→ Data supplied
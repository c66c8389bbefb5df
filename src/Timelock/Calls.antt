-- ===== src/Timelock/Calls.antt =====
-- The calls of contracts/router-timelock/src/lib.rs that change the storage, but for the cleanup.
use stellar_router.Prelude.{
  ℕ, ◌++◌, String, true, false, ◌&&◌, not, some, List, [], ◌∷◌, ltb, leb, ◌==◌, is_some, unwrap_or,
  length, insert,
}
use stellar_router.Prelude.Words.{checked_add_u64, to_be_bytes}
use stellar_router.Common.{
  Address, Env, Crypto, ok, ◌>>=◌, ◌>>◌, fail_if, ok_or, expect, try_for_each, require_auth,
  require_admin,
}
use stellar_router.Timelock
use stellar_router.Timelock.{
  Op, OpId, TimelockError, Call, op_queued, op_cancelled, op_executed, op_description_updated,
  min_delay_updated, admin_transferred, publish, max_grace_period_seconds,
}
use stellar_router.Timelock.Deps.{
  pending, check_dependency_depth, require_dependencies_executed, add_to_pending_ops,
  remove_from_pending_ops, add_to_finalized_ops,
}

abbrev State : Type 0
State = Timelock.Timelock

-- `require_auth` followed by `require_admin_simple!`, as most calls begin.
unfoldable pub authorize : Env → State → Address → Call (Unit {0})
authorize env s caller = do
  require_auth env caller
  require_admin s.admin caller TimelockError.not_initialized TimelockError.unauthorized

unfoldable pub initialize : State → Address → ℕ → ℕ → Call State
initialize s admin min_delay max_pending_ops = do
  fail_if (is_some s.admin) TimelockError.already_initialized
  fail_if (min_delay == 0) TimelockError.delay_too_short
  ok (record s {
    admin = some admin;
    min_delay = some min_delay;
    max_pending_ops = some max_pending_ops;
  })

-- The digest that names an operation.
unfoldable pub derive_op_id : Crypto → String → Address → ℕ → OpId
derive_op_id crypto description target eta =
    crypto.sha256 (crypto.string_xdr description ++ (crypto.address_xdr target ++ to_be_bytes eta))

-- The checks of `queue` on one dependency.
unfoldable pub check_dependency : State → OpId → OpId → Call (Unit {0})
check_dependency s op_id dep = do
  fail_if (dep == op_id) TimelockError.circular_dependency
  fail_if (not (is_some (s.ops dep))) TimelockError.not_found
  check_dependency_depth s dep 0

abbrev store_deps : State → OpId → List OpId → State
store_deps s op_id [] = s
store_deps s op_id (d ∷ ds) = record s { deps = insert s.deps op_id (d ∷ ds) }

-- What `queue` writes once its checks have passed.
unfoldable pub enqueue : State → OpId → List OpId → Op → State
unfolding add_to_pending_ops
enqueue s op_id deps op =
    publish
      (add_to_pending_ops (store_deps (record s { ops = insert s.ops op_id op }) op_id deps) op_id)
      (op_queued op_id op.target op.eta op.grace_period_seconds)

-- The operation that `queue` stores.
abbrev pub new_op : Address → String → Address → ℕ → ℕ → Op
new_op proposer description target eta grace = record {
  proposer = proposer;
  description = description;
  target = target;
  eta = eta;
  grace_period_seconds = grace;
  executed = false;
  cancelled = false;
}

unfoldable pub queue :
    Crypto → Env → State → Address → String → Address → ℕ → ℕ → List OpId → Call (OpId × State)
unfolding authorize enqueue
queue crypto env s proposer description target delay grace deps = do
  authorize env s proposer
  min_delay ← ok_or s.min_delay TimelockError.not_initialized
  fail_if (ltb delay min_delay) TimelockError.delay_too_short
  fail_if (ltb max_grace_period_seconds grace) TimelockError.grace_period_too_long
  let max_pending = unwrap_or s.max_pending_ops 0
  fail_if (ltb 0 max_pending && leb max_pending (length (pending s))) TimelockError.queue_full
  eta ← ok_or (checked_add_u64 env.timestamp delay) TimelockError.delay_too_long
  let op_id = derive_op_id crypto description target eta
  fail_if (is_some (s.ops op_id)) TimelockError.already_queued
  try_for_each (check_dependency s op_id) deps
  ok (op_id, enqueue s op_id deps (new_op proposer description target eta grace))

unfoldable pub require_op_pending : Op → Call (Unit {0})
require_op_pending op = do
  fail_if op.cancelled TimelockError.cancelled
  fail_if op.executed TimelockError.already_executed

-- The move of an operation from the pending to the finalized index, by `cancel` and `execute`.
unfoldable pub finalize : State → OpId → Op → State
unfolding remove_from_pending_ops add_to_finalized_ops
finalize s op_id op =
    add_to_finalized_ops (remove_from_pending_ops (record s { ops = insert s.ops op_id op }) op_id)
      op_id

unfoldable pub cancel : Env → State → Address → OpId → Call State
unfolding authorize require_op_pending finalize
cancel env s caller op_id = do
  authorize env s caller
  op ← ok_or (s.ops op_id) TimelockError.not_found
  require_op_pending op
  ok (publish (finalize s op_id (record op { cancelled = true })) (op_cancelled op_id))

unfoldable pub execute : Env → State → Address → OpId → Call State
unfolding authorize finalize
execute env s caller op_id = do
  authorize env s caller
  op ← ok_or (s.ops op_id) TimelockError.not_found
  fail_if op.cancelled TimelockError.cancelled
  fail_if op.executed TimelockError.already_executed
  fail_if (ltb env.timestamp op.eta) TimelockError.not_ready
  expiry ← ok_or (checked_add_u64 op.eta op.grace_period_seconds) TimelockError.expiry_overflow
  fail_if (ltb expiry env.timestamp) TimelockError.expired
  require_dependencies_executed s op_id
  ok (publish (finalize s op_id (record op { executed = true })) (op_executed op_id op.target))

unfoldable pub update_description : Env → State → Address → OpId → String → Call State
unfolding authorize
update_description env s caller op_id text = do
  authorize env s caller
  op ← ok_or (s.ops op_id) TimelockError.not_found
  fail_if op.executed TimelockError.already_executed
  fail_if op.cancelled TimelockError.cancelled
  ok (
      publish (record s { ops = insert s.ops op_id (record op { description = text }) })
        (op_description_updated op_id text))

unfoldable pub set_min_delay : Env → State → Address → ℕ → Call State
unfolding authorize
set_min_delay env s caller new_min_delay = do
  authorize env s caller
  fail_if (new_min_delay == 0) TimelockError.delay_too_short
  old_min_delay ← expect s.min_delay
  ok (
      publish (record s { min_delay = some new_min_delay })
        (min_delay_updated old_min_delay new_min_delay))

-- With the macro `admin_transfer_complete!`.
unfoldable pub transfer_admin : Env → State → Address → Address → Call State
unfolding authorize
transfer_admin env s current new_admin = do
  authorize env s current
  ok (publish (record s { admin = some new_admin }) (admin_transferred current new_admin))
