-- ===== src/Timelock/Cleanup.antt =====
-- `cleanup_expired` of contracts/router-timelock/src/lib.rs. Each loop is a recursion on the index
-- that it walks, over its mutable variables.
use stellar_router.Prelude.{
  ℕ, ◌+◌, ◌++◌, ◌&&◌, ◌||◌, not, Option, none, some, List, [], ◌∷◌, ltb, leb, contains,
  if◌then◌else◌,
}
use stellar_router.Common.{Address, Env, ok, ◌>>◌, require_auth}
use stellar_router.Timelock
use stellar_router.Timelock.{Op, OpId, Call, ops_cleaned, publish}
use stellar_router.Timelock.Deps.{pending, finalized, load_deps, is_expired, remove_op_storage}

abbrev State : Type 0
State = Timelock.Timelock

-- The dependencies of the pending operations that have not expired.
abbrev pub live_deps : List OpId → ℕ → Option Op → List OpId
unfolding is_expired
live_deps stored now none = []
live_deps stored now (some op) = if is_expired op now then [] else stored

unfoldable pub referenced_by : State → ℕ → List OpId → List OpId
unfolding load_deps is_expired
referenced_by s now [] = []
referenced_by s now (id ∷ ids) =
    live_deps (load_deps s id) now (s.ops id) ++ referenced_by s now ids

-- `new_pending` or `new_finalized`, `cleaned_count` and the storage, as a loop goes on.
pub record Sweep : Type 0 where
  pub kept : List OpId
  pub cleaned_count : ℕ
  pub state : State

abbrev pub keep : Sweep → OpId → Sweep
keep w id = record w { kept = w.kept ++ id ∷ [] }

unfoldable pub reclaim : Sweep → OpId → Sweep
unfolding remove_op_storage
reclaim w id = record w {
  cleaned_count = w.cleaned_count + 1;
  state = remove_op_storage w.state id;
}

-- A loop over an index, by its body.
unfoldable pub sweep_all : (OpId → Sweep → Sweep) → List OpId → Sweep → Sweep
sweep_all body [] w = w
sweep_all body (id ∷ ids) w = sweep_all body ids (body id w)

-- The body of the loop over the pending index, by what is stored under the identifier.
unfoldable pub sweep_pending_op : ℕ → ℕ → List OpId → OpId → Sweep → Option Op → Sweep
unfolding is_expired reclaim
sweep_pending_op now limit referenced id w none =
    if leb limit w.cleaned_count
    then keep w id
    else record w { cleaned_count = w.cleaned_count + 1 }
sweep_pending_op now limit referenced id w (some op) =
    if leb limit w.cleaned_count
    then keep w id
    else if is_expired op now && not (contains referenced id)
    then reclaim w id
    else keep w id

unfoldable pub sweep_pending : ℕ → ℕ → List OpId → OpId → Sweep → Sweep
unfolding sweep_pending_op
sweep_pending now limit referenced id w =
    sweep_pending_op now limit referenced id w (w.state.ops id)

-- The body of the loop over the finalized index.
unfoldable pub sweep_finalized : ℕ → List OpId → OpId → Sweep → Sweep
unfolding reclaim
sweep_finalized limit referenced id w =
    if leb limit w.cleaned_count || contains referenced id then keep w id else reclaim w id

abbrev pub referenced : State → ℕ → List OpId
referenced s now = referenced_by s now (pending s)

-- After the first loop.
unfoldable pub swept_pending : ℕ → ℕ → State → Sweep
unfolding sweep_all sweep_pending referenced_by
swept_pending now limit s =
    sweep_all (sweep_pending now limit (referenced s now)) (pending s)
      (record { kept = []; cleaned_count = 0; state = s })

-- After the second loop, which fills a new vector.
unfoldable pub swept_finalized : ℕ → ℕ → State → Sweep
unfolding sweep_all sweep_finalized referenced_by swept_pending
swept_finalized now limit s =
    sweep_all (sweep_finalized limit (referenced s now)) (finalized s)
      (record (swept_pending now limit s) { kept = [] })

unfoldable pub cleanup_expired : Env → State → Address → ℕ → Call (ℕ × State)
unfolding swept_pending swept_finalized
cleanup_expired env s caller limit = do
  require_auth env caller
  let p = swept_pending env.timestamp limit s
  let f = swept_finalized env.timestamp limit s
  ok (
      if ltb 0 f.cleaned_count
      then (
        f.cleaned_count,
        publish (record f.state { pending_ops = some p.kept; finalized_ops = some f.kept })
            (ops_cleaned f.cleaned_count),
      )
      else (f.cleaned_count, f.state))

→ Action item
Start with the line above that contains "loop goes on." and end with the line that contains "-- The body of the loop over the pending". Write out those lines exactly, and only those.

→ Written answer
-- `new_pending` or `new_finalized`, `cleaned_count` and the storage, as a loop goes on.
pub record Sweep : Type 0 where
  pub kept : List OpId
  pub cleaned_count : ℕ
  pub state : State

abbrev pub keep : Sweep → OpId → Sweep
keep w id = record w { kept = w.kept ++ id ∷ [] }

unfoldable pub reclaim : Sweep → OpId → Sweep
unfolding remove_op_storage
reclaim w id = record w {
  cleaned_count = w.cleaned_count + 1;
  state = remove_op_storage w.state id;
}

-- A loop over an index, by its body.
unfoldable pub sweep_all : (OpId → Sweep → Sweep) → List OpId → Sweep → Sweep
sweep_all body [] w = w
sweep_all body (id ∷ ids) w = sweep_all body ids (body id w)

-- The body of the loop over the pending index, by what is stored under the identifier.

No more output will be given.